- Deployed Back-end: https://gentle-hamlet-35507.herokuapp.com
- Deployed Front-end: https://mod-squad.github.io/front-end-e-com/
- Back-end Repo: https://github.com/Mod-Squad/e-com-back-end
- Front-end Repo: https://github.com/Mod-Squad/front-end-e-com
This back end, consisting of a Node.js app and a mongo database, receives calls from and sends data to a front end store. Most data requires a user to sign-in to access including adding items to a cart, modifying that cart, placing orders, and viewing past orders. Most data is serialized to restrict access to unnecessary or snesative data. A user does not be signed in, however, to view items for sale on the site.
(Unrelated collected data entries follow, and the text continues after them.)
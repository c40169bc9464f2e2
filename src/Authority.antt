-- ===== src/Authority.antt =====
-- authority.py: which actor may do what.
pub mod Laws
use responsibility_pathway_r.Prelude.{
  String, ◌≡◌, Bool, true, false, not, ◌&&◌, ◌||◌, Option, none, some, ◌==◌, is_empty, strip,
  if◌then◌else◌,
}
use responsibility_pathway_r.Errors.{Result, ok, err, authority_error, ensure, ◌>>=◌, ◌>>◌}
use responsibility_pathway_r.Models.{
  PathwayState, PathwayState-discrete, ◌is◌, running, write_status_unknown, repair_required,
  ready_to_resume, completed, aborted, held, approved, stopped, partially_completed, human_gate,
}
use responsibility_pathway_r.Models.Definition.{PathwayDefinition}

pub record TransitionAuthority : Type 0 where
  pub required_role : String
  pub expected_actor : String

-- `_require_actor`
unfoldable pub require_actor : String → Result String
require_actor actor =
    let stripped = strip actor in if is_empty stripped then err authority_error else ok stripped

unfoldable pub authorize_execution_access : PathwayDefinition → String → Result (Unit {0})
unfolding require_actor
authorize_execution_access d actor = do
  a ← require_actor actor
  ensure (a == d.execution_actor) authority_error

unfoldable pub authorize_reconciliation_access : PathwayDefinition → String → Result (Unit {0})
unfolding require_actor
authorize_reconciliation_access d actor = do
  a ← require_actor actor
  ensure (a == d.repair_owner || a == d.evidence_owner) authority_error

-- `definition.approval_authority or ""`
abbrev pub or_blank : Option String → String
or_blank none = ""
or_blank (some s) = s

unfoldable pub required_authority : PathwayDefinition → PathwayState → Option TransitionAuthority
unfolding PathwayState-discrete
required_authority d target =
    if target is approved
    then some (record {
      required_role = "approval_authority";
      expected_actor = or_blank d.approval_authority;
    })
    else if target is stopped || target is held || target is PathwayState.human_gate
    then some (record { required_role = "stop_authority"; expected_actor = d.stop_authority })
    else if target is repair_required
    then some (record { required_role = "repair_owner"; expected_actor = d.repair_owner })
    else if target is ready_to_resume
    then some (record { required_role = "repair_owner"; expected_actor = d.repair_owner })
    else if target is running
    then some (record { required_role = "execution_or_resume_authority"; expected_actor = "" })
    else if target is completed || target is partially_completed || target is write_status_unknown
    then some (record { required_role = "execution_actor"; expected_actor = d.execution_actor })
    else if target is aborted
    then some (record { required_role = "residual_owner"; expected_actor = d.residual_owner })
    else none

-- The last lines of `authorize_transition`, where a rule applies or not.
abbrev pub check_rule : Option TransitionAuthority → String → Result (Unit {0})
check_rule none actor = ok tt
check_rule (some rule) actor =
    ensure (not (is_empty rule.expected_actor) && actor == rule.expected_actor) authority_error

-- `authorize_transition` for an actor that is not blank
unfoldable pub authorize_actor :
    PathwayDefinition → PathwayState → PathwayState → String → Result (Unit {0})
unfolding required_authority
authorize_actor d current target actor =
    if current is write_status_unknown && target is completed
    then err authority_error
    else if target is aborted
    then err authority_error
    else if target is running
    then ensure
        (actor == d.execution_actor
          || (current is ready_to_resume || current is stopped || current is held)
            && actor == d.resume_authority)
        authority_error
    else check_rule (required_authority d target) actor

unfoldable pub authorize_transition :
    PathwayDefinition → PathwayState → PathwayState → String → Result (Unit {0})
unfolding require_actor
authorize_transition d current target actor = do
  a ← require_actor actor
  authorize_actor d current target a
The app uses stripe for it's payment process in order to keep data secure.
- Node.js
- Express
- MongoDB
- Mongoose
- Javascript
- Json
- Curl
- Heroku
- Git
- mLab
- Stripe
- /products (catalogue)
- /items (card)
- /orders (order history)
- /users
// standards RESTful routes .resources('items') .resources('products', {only: ['index', 'show']}) .resources('orders', {only: ['index','show','create']}) .resources('charges', {only: ['index', 'show', 'create']})
// users of the app have special requirements .post('/sign-up', 'users#signup') .post('/sign-in', 'users#signin') .delete('/sign-out/:id', 'users#signout') .patch('/change-password/:id', 'users#changepw') .resources('users', { only: ['index', 'show'] })
- A user can sign-up
- A user can sign-in
- A user can change-password
- A user can sign-out
- Anyone can view products
- A user can add items to cart
- A user can view items in cart
- A user can change item quantity in cart
- A user can remove items from cart
- A user can submit an order
- A user can pay for an order
- A user can view past orders
Given more time it might be good to see if any unnecessary or unsecure data is being sent to the front end. If so, it would be good to add additional serialization to prevent that type of data from being sent.